Quando La La Land chegou ao mundo, Damien Chazelle foi alçado a um lugar de admiração súbita por ter traduzido com graça o respeito que a arte estadunidense tem por seus musicais, da hegemonia da Broadway às cenografias ilimitadas das telas de cinema. Mesmo distante dos tempos áureos, parece mesmo é que esse gênero encontrou sua atemporalidade na estrutura comercial do cinema: pode vir a qualquer hora. Se Os Miseráveis (2012) se tornou a sensação isolada do seu ano, em 2021 são mais musicais do que eu lembre aqui de cabeça; Dear Evan Hansen, Em Um Bairro de Nova York e Tick, Tick... Boom!, para citar alguns recentes.


No caso de West Side Story, remake de Steven Spielberg sobre obra de 1961 (aqui deste então chamado de Amor, Sublime Amor), ganha destaque seu inevitável anacronismo - afinal, recriar um enredo tal qual 60 anos depois para percebê-lo contemporâneo nessa era Trump nos EUA (e no mundo), é a representação de um assombro que não deveríamos termos nos acostumado. Ao fim da experiência de encarar a mesma jornada, essa parece ser uma das poucas razões honestas levadas em consideração para essa nova versão.


Para enxertar essa dinâmica, boas ideias: renovar o elenco numa medida que honre as mudanças do tempo, mas sem ofender até as partes frágeis de seu original - ou seja, ao mesmo tempo em que a paixão sublime continua sem substância na entrega do casal (especialmente por Ansel Elgort conseguir ser ainda menos carismático que Richard Beymer), outras presenças ganham emoções quase que originais em medida de comparação: Ariana DeBose criando uma Anita muito mais radiante (somada a Rita Moreno que volta com outro destaque) e Mike Faist dando a Riff uma personalidade mais obcecada e envolvente.

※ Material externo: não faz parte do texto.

-- ===== src/Rpc/Unset.antt =====
-- What unsetting a path of a JSON section does to it and to every other path
-- (rust/crates/vocoderd/src/rpc.rs).
use dsh_rs.Base.{
  ◌≡◌, inl, inr, refl, sym, ap, ◌∙◌, subst, String, Option, none, some, List, [], ◌∷◌, and_then,
  eq_iff, arith,
}
use dsh_rs.Json.{Value, object, Fields, lookup}
use dsh_rs.Rpc.{insert, remove, change_object, unset_fields, unset_path}
use dsh_rs.Rpc.Paths.{get_path, Apart, lookup-remove, insert_same, insert_other}

change_object-none :
    (fields : Fields) (k j : String) (path : List String) (f : Fields → Fields) (o : Option Value)
    → lookup k fields ≡ o
    → ((inner : Fields) → get_path (object (f inner)) (j ∷ path) ≡ none)
    → get_path (object (change_object k fields o f)) (k ∷ j ∷ path) ≡ none
change_object-none fields k j path f (some (object inner)) e ih =
    ap (λ o. and_then o λ w. get_path w (j ∷ path)) (insert_same k _ fields) ∙ ih inner
change_object-none fields k j path f _ e ih = ap (λ o. and_then o λ w. get_path w (j ∷ path)) e

unset_fields_gone :
    (fields : Fields) (k : String) (path : List String)
    → get_path (object (unset_fields fields k path)) (k ∷ path) ≡ none
unfolding unset_fields
unset_fields_gone fields k [] =
    let gone : lookup k (remove k fields) ≡ none =
      ground (arith, lookup-remove k k fields, eq_iff k k) in
    ap (λ o. and_then o λ w. some w) gone
unset_fields_gone fields k (j ∷ path) =
    change_object-none fields k j path (λ inner. unset_fields inner j path) (lookup k fields) refl
      (λ inner. unset_fields_gone inner j path)

change_object-Apart :
    (fields : Fields) (k j : String) (path other : List String) (f : Fields → Fields)
    (o : Option Value)
    → lookup k fields ≡ o
    → ((inner : Fields) (rest : List String)
        → Apart (j ∷ path) rest
        → get_path (object (f inner)) rest ≡ get_path (object inner) rest)
    → Apart (k ∷ j ∷ path) other
    → get_path (object (change_object k fields o f)) other ≡ get_path (object fields) other
change_object-Apart fields k j path [] f o e ih a = absurd a
change_object-Apart fields k j path (l ∷ other) f (some (object inner)) e ih (inl n) =
    ap (λ o. and_then o λ w. get_path w other) (insert_other k l _ fields n)
change_object-Apart fields k j path (l ∷ other) f (some (object inner)) e ih (inr (same, a)) =
    subst
      (λ z.
        get_path (object (insert k (object (f inner)) fields)) (z ∷ other)
        ≡ get_path (object fields) (z ∷ other))
      same
      (ap (λ o. and_then o λ w. get_path w other) (insert_same k _ fields)
        ∙ ih inner other a
        ∙ sym (ap (λ o. and_then o λ w. get_path w other) e))
change_object-Apart fields k j path (l ∷ other) f _ e ih a = refl

unset_fields-Apart :
    (fields : Fields) (k : String) (path other : List String)
    → Apart (k ∷ path) other
    → get_path (object (unset_fields fields k path)) other ≡ get_path (object fields) other
unfolding unset_fields
unset_fields-Apart fields k [] [] a = absurd a
unset_fields-Apart fields k [] (j ∷ other) (inr (e, a)) = absurd a
unset_fields-Apart fields k [] (j ∷ other) (inl n) =
    let same : lookup j (remove k fields) ≡ lookup j fields =
      ground (arith, lookup-remove k j fields, eq_iff k j) in
    ap (λ o. and_then o λ w. get_path w other) same
unset_fields-Apart fields k (j ∷ path) other a =
    change_object-Apart fields k j path other (λ inner. unset_fields inner j path) (lookup k fields)
      refl (λ inner rest. unset_fields-Apart inner j path rest) a

unset_path-get_path :
    (root : Value) (k : String) (path : List String)
    → get_path (unset_path root (k ∷ path)) (k ∷ path) ≡ none
unfolding unset_path
unset_path-get_path (object fields) k path = unset_fields_gone fields k path
unset_path-get_path _ k path = refl

unset_path-Apart :
    (root : Value) (path other : List String)
    → Apart path other
    → get_path (unset_path root path) other ≡ get_path root other
unfolding unset_path
unset_path-Apart root [] other a = absurd a
unset_path-Apart (object fields) (k ∷ path) other a = unset_fields-Apart fields k path other a
unset_path-Apart _ (k ∷ path) other a = refl

-- Nothing stands at a path that was unset, unless it is the section itself, and every path that
-- parts from it holds what it held.
pub unset_path_lem :
    (root : Value) (k : String) (path : List String)
    → (get_path (unset_path root (k ∷ path)) (k ∷ path) ≡ none)
      × ((other : List String)
          → Apart (k ∷ path) other
          → get_path (unset_path root (k ∷ path)) other ≡ get_path root other)
unset_path_lem root k path =
    (unset_path-get_path root k path, λ other. unset_path-Apart root (k ∷ path) other)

Esses dois, Ariana e Mike, deixam ainda mais bonita à dedicação dessa fábula aos movimentos, aos estalos dos calçados e dedos, ao som das roupas cortando o ar, uma história que sempre foi mais de dança do que propriamente de música. Outros também brilham, claro, como Rachel Zegler e David Alvarez, mas estes muito mais aprisionados à homenagem de suas origens.


Mike Faist e Ansel Elgort, num combate de presença nada justo

Nesse jogo, cada um de um lado, é claro que ressalta a intenção de atualizar a conversa sobre racismo e imigração também no ponto de vista prático, já que agora os atores porto-riquenhos não são mais aqueles brancos pintados dos anos 1960. Na experiência internacional do filme, porém, essa discussão é ameaçada por uma negligência inacreditável: sim, Spielberg não quis pôr legenda nas falas e canções em espanhol porque seria "desrespeitoso" num país que tem a segunda maior população de língua espanhola do mundo, mas e nos outros países?

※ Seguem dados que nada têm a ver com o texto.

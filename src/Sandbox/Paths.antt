-- ===== src/Sandbox/Paths.antt =====
-- A path as `std::path` reads it, and containment by components
-- (rust/crates/vocoderd/src/machines/sandbox.rs).
use dsh_rs.Base.{String, List, [], ◌∷◌, Bool, true, false, ◌&&◌, str_eq, if◌then◌else◌}
use dsh_rs.Base.Text.{split}

pub data Component : Type 0 where
  root_dir : Component
  cur_dir : Component
  parent_dir : Component
  normal : String → Component

-- A part after the first: `//` and `/./` separate as `/` does.
abbrev pub part : String → List Component → List Component
part s rest =
    if str_eq s ""
    then rest
    else if str_eq s "."
    then rest
    else if str_eq s ".."
    then Component.parent_dir ∷ rest
    else Component.normal s ∷ rest

abbrev pub parts : List String → List Component
parts [] = []
parts (s ∷ ss) = part s (parts ss)

-- A leading `/` is the root, a leading `.` is kept.
abbrev pub first_part : String → List String → List Component
first_part s [] = if str_eq s "." then Component.cur_dir ∷ [] else part s []
first_part s (t ∷ ts) =
    if str_eq s ""
    then Component.root_dir ∷ parts (t ∷ ts)
    else if str_eq s "."
    then Component.cur_dir ∷ parts (t ∷ ts)
    else part s (parts (t ∷ ts))

abbrev pub of_parts : List String → List Component
of_parts [] = []
of_parts (s ∷ ss) = first_part s ss

-- `path.components()` on a Unix path
unfoldable pub components : String → List Component
unfolding split
components path = of_parts (split b'/' path)

-- What `..` leaves of the components before it, the last one first.
abbrev pub pop : List Component → List Component
pop (Component.normal s ∷ out) = out
pop out = out

abbrev pub reverse_onto : List Component → List Component → List Component
reverse_onto [] acc = acc
reverse_onto (c ∷ cs) acc = reverse_onto cs (c ∷ acc)

-- `out` is kept with its last component first.
unfoldable pub resolve : List Component → List Component → List Component
resolve out [] = reverse_onto out []
resolve out (Component.parent_dir ∷ cs) = resolve (pop out) cs
resolve out (Component.cur_dir ∷ cs) = resolve out cs
resolve out (Component.root_dir ∷ cs) = resolve (Component.root_dir ∷ out) cs
resolve out (Component.normal s ∷ cs) = resolve (Component.normal s ∷ out) cs

abbrev pub normal_components : String → List Component
normal_components path = resolve [] (components path)

unfoldable pub component_eq : Component → Component → Bool
component_eq Component.root_dir Component.root_dir = true
component_eq Component.cur_dir Component.cur_dir = true
component_eq Component.parent_dir Component.parent_dir = true
component_eq (Component.normal s) (Component.normal t) = str_eq s t
component_eq _ _ = false

-- The zip of the two, when the root is the shorter one.
unfoldable pub is_prefix : List Component → List Component → Bool
unfolding component_eq
is_prefix [] ts = true
is_prefix (r ∷ rs) [] = false
is_prefix (r ∷ rs) (t ∷ ts) = component_eq r t && is_prefix rs ts

abbrev pub contains : String → String → Bool
contains root target = is_prefix (normal_components root) (normal_components target)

No Brasil, além das legendas das canções em inglês já decepcionarem pelo descompromisso com as letras originais, as falas em espanhol são deixadas de lado, assim como as falas em italiano são subtraídas em Ford vs Ferrari (2019) porque a trama os constrói como vilões. Claro que aqui essa não é a intenção, e a narrativa de Spielberg põe essas palavras e sons à margem, quase no subtexto, "sem comprometer" o entendimento geral da história. Mas deixar esses personagens sem nossa compreensão soa só como se o que eles falam não importa ou que é nós que não importamos - na "melhor" das hipóteses, o que posso supor é que a culpa seja "só" do mal planejamento de distribuição feito às pressas, visto que o filme entrou em cartaz no Brasil sem qualquer campanha para durar apenas uma semana em alguns cinemas por conta da aterrisagem onipresente do novo Homem Aranha.


Apesar desses engasgos alheios, porém, West Side Story (Amor Sublime Amor, 2021) é mesmo um bom filme - daqueles para se assistir exatamente num fim de ano e se permitir às deliciosas ilusões de um amor incondicional. Spielberg, veterano ideal para guiar esse projeto, imprime ali sua criatividade de forma modesta nas curtas reinvenções de imagem e dramaturgia, mudando coisas de lugar ou apenas as pondo em maior evidência. Para não correr riscos, o hoje 20th Century Studios faz um filme charmoso, mas estrategicamente imobilizado pelos protocolos de uma indústria que se retroalimenta em momentos de "crise". Se ao longo das quase 2h30m vai soando como um filme-serviço apenas muito empolgado na balança de nostalgia e novos valores, pelo menos a viagem deixa as coisas bem divididas: a consistência da breve crítica social no presente e as revoluções visuais todas no passado. Tinha como ser diferente?